Court Opinion

ID: 9809615
Source: CourtListenerOpinion
Date Created: 2023-08-31 21:18:44.94865+00
Date Added: 2024-06-11T12:44:41.099356
License: Public Domain

KITCHENS, Justice,
dissenting:
¶ 35. I respectfully dissent because the jury verdict of “guilty of capital murder” was compromised. The capital murder jury instruction included both the crime of deliberate design murder, defined in Mississippi Code Section 97 — 3—19(l)(a) (Rev. 2006), and the crime of depraved heart murder, defined in Mississippi Code Section 97-3-19(l)(b) (Rev.2006). This jury instruction did not foreclose some jurors’ finding that Franklin Fitzpatrick committed deliberate design capital murder, while, concomitantly, allowing other jurors to find him guilty of depraved.heart capital murder. The prosecution was, therefore, relieved of its burden of proving its theory of the case beyond a reasonable doubt, and it cannot be said that the verdict was unanimous, whereby all twelve jurors agreed to convict the defendant of the same crime.

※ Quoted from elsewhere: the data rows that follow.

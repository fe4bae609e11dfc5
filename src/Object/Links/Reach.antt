-- ===== src/Object/Links/Reach.antt =====
-- The tables that the calls of server/object.c make of the empty one: `obj_new`, `obj_link`,
-- `obj_unlink` and `obj_free`, one after the other, with any arguments.
use s3d.Base.{ℕ, ◌+◌, ◌≤◌, ◌≡◌, ◌≢◌, refl, sym, ◌∙◌, arith, true, some, some_of_eq, [], length}
use mathlib.Core.Path.{subst}
use s3d.Object.{minus_one, Floats, Table, Status, obj_valid}
use s3d.Object.Links.View.{node, absent}
use s3d.Object.Links.Rooted.{root, height}
use s3d.Object.Links.Listed.{first}
use s3d.Object.Links.Forest.{IsForest}
use s3d.Object.Links.Life.{obj_new, obj_free}
use s3d.Object.Links.Link.{returned, obj_link, obj_unlink}
use s3d.Object.Links.Calls.{obj_link-IsForest, obj_unlink-IsForest}
use s3d.Object.Links.New.{obj_new-IsForest}
use s3d.Object.Links.Freed.{obj_free-Freed}

-- One call. Those that run on fuel return the same with any fuel from some on.
pub data Step {F : Type 0} : Table F → Table F → Type 0 where
  new :
      {t : Table F} (fl : Floats F) (one_f : F)
      → (obj_new fl one_f t).0 ≢ minus_one
      → Step t (obj_new fl one_f t).1
  link :
      {t t' : Table F} (pid oid_from oid_to enough : ℕ) (s : Status)
      → ((fuel : ℕ) → enough ≤ fuel → obj_link fuel pid t oid_from oid_to ≡ returned s t')
      → Step t t'
  unlink : {t : Table F} (oid : ℕ) → Step t (obj_unlink t oid).1
  free :
      {t t' : Table F} (oid enough : ℕ)
      → (node t oid).there ≡ true
      → ((fuel : ℕ) → enough ≤ fuel → obj_free fuel t oid ≡ some t')
      → Step t t'

pub data Reachable {F : Type 0} : Table F → Type 0 where
  start : Reachable []
  step : {t t' : Table F} → Reachable t → Step t t' → Reachable t'

module _ (F : Type 0) where
  abbrev pub no_objects : Table F
  no_objects = []

  no_objects-node : (i : ℕ) → node no_objects i ≡ absent
  unfolding node obj_valid
  no_objects-node i = refl

  pub no_objects-IsForest : IsForest (node no_objects)
  no_objects-IsForest = record {
    links = record {
      bounded = ground (arith, no_objects-node minus_one);
      gone = λ i e. no_objects-node i;
      next_ok = λ i. ground (arith, no_objects-node i);
      prev_ok = λ i. ground (arith, no_objects-node i);
      sub_ok = λ i. ground (arith, no_objects-node i);
      first_ok = λ i. ground (arith, no_objects-node i);
      free_ok = λ i. ground (arith, no_objects-node i);
      parent_ok = λ i. ground (arith, no_objects-node i);
      flag_ok = λ i. ground (arith, no_objects-node i);
    };
    rooted = λ i. root (ground (arith, no_objects-node i));
    listed = λ i. first (ground (arith, no_objects-node i));
  }

module _ {F : Type 0} where
  same_table : (s s' : Status) (t t' : Table F) → returned s t ≡ returned s' t' → t ≡ t'
  same_table s s' t t' e = cc

  pub Step-IsForest : {t t' : Table F} → Step t t' → IsForest (node t) → IsForest (node t')
  Step-IsForest (new {t = t} fl one_f d) h = obj_new-IsForest fl one_f t d h
  Step-IsForest (unlink {t = t} oid) h = obj_unlink-IsForest t oid h
  Step-IsForest (link {t = t} {t' = t'} pid oid_from oid_to enough s e) h =
      let fuel = enough + height (h.rooted oid_to) in
      let (s', u, f, g) = obj_link-IsForest fuel pid t oid_from oid_to h (ground arith) in
      subst (λ v. IsForest (node v)) (same_table s' s u t' (sym f ∙ e fuel (ground arith))) g
  Step-IsForest (free {t = t} {t' = t'} oid enough there e) h =
      let fuel = enough + (length t + 1) in
      let (u, f, g) = obj_free-Freed fuel t oid h there (ground arith) in
      subst (λ v. IsForest (node v)) (some_of_eq (sym f ∙ e fuel (ground arith))) g.forest

  -- In every table that calls make of the empty one, those on fuel with enough of it and `obj_new` with
  -- an id other than 2 ^ 32 - 1, the links form a forest.
  pub Reachable-IsForest : {t : Table F} → Reachable t → IsForest (node t)
  Reachable-IsForest start = no_objects-IsForest F
  Reachable-IsForest (step r s) = Step-IsForest s (Reachable-IsForest r)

¶ 36. The indictment charged that Fitzpatrick “did unlawfully, willfully and felo-niously, without authority of law and with the deliberate design to effect death, kill and murder Dewayne Crenshaw, a Deputy *523Sheriff, while Dewayne Crenshaw was acting in his official capacity as a Deputy Sheriff ... in violation of the provisions of [Mississippi Code] Section 97-3-19(2)(a)_”6 (Emphasis added.) Mississippi Code Section 97-3-19(1) defines “murder:”
(1) The killing óf a human being without the authority of law by any means or in any manner shall be murder in the following cases:
(a) When done with deliberate design to effect the death of the person killed, dr of any human being;
(b) When done in the commission of an act eminently dangerous to others and evincing a depraved heart, regardless of human life, although without any premeditated design to effect the death of any particular individual;
Miss.Code Ann. § 97 — 3—19(l)(a), (b) (Rev. 2006) (emphasis added).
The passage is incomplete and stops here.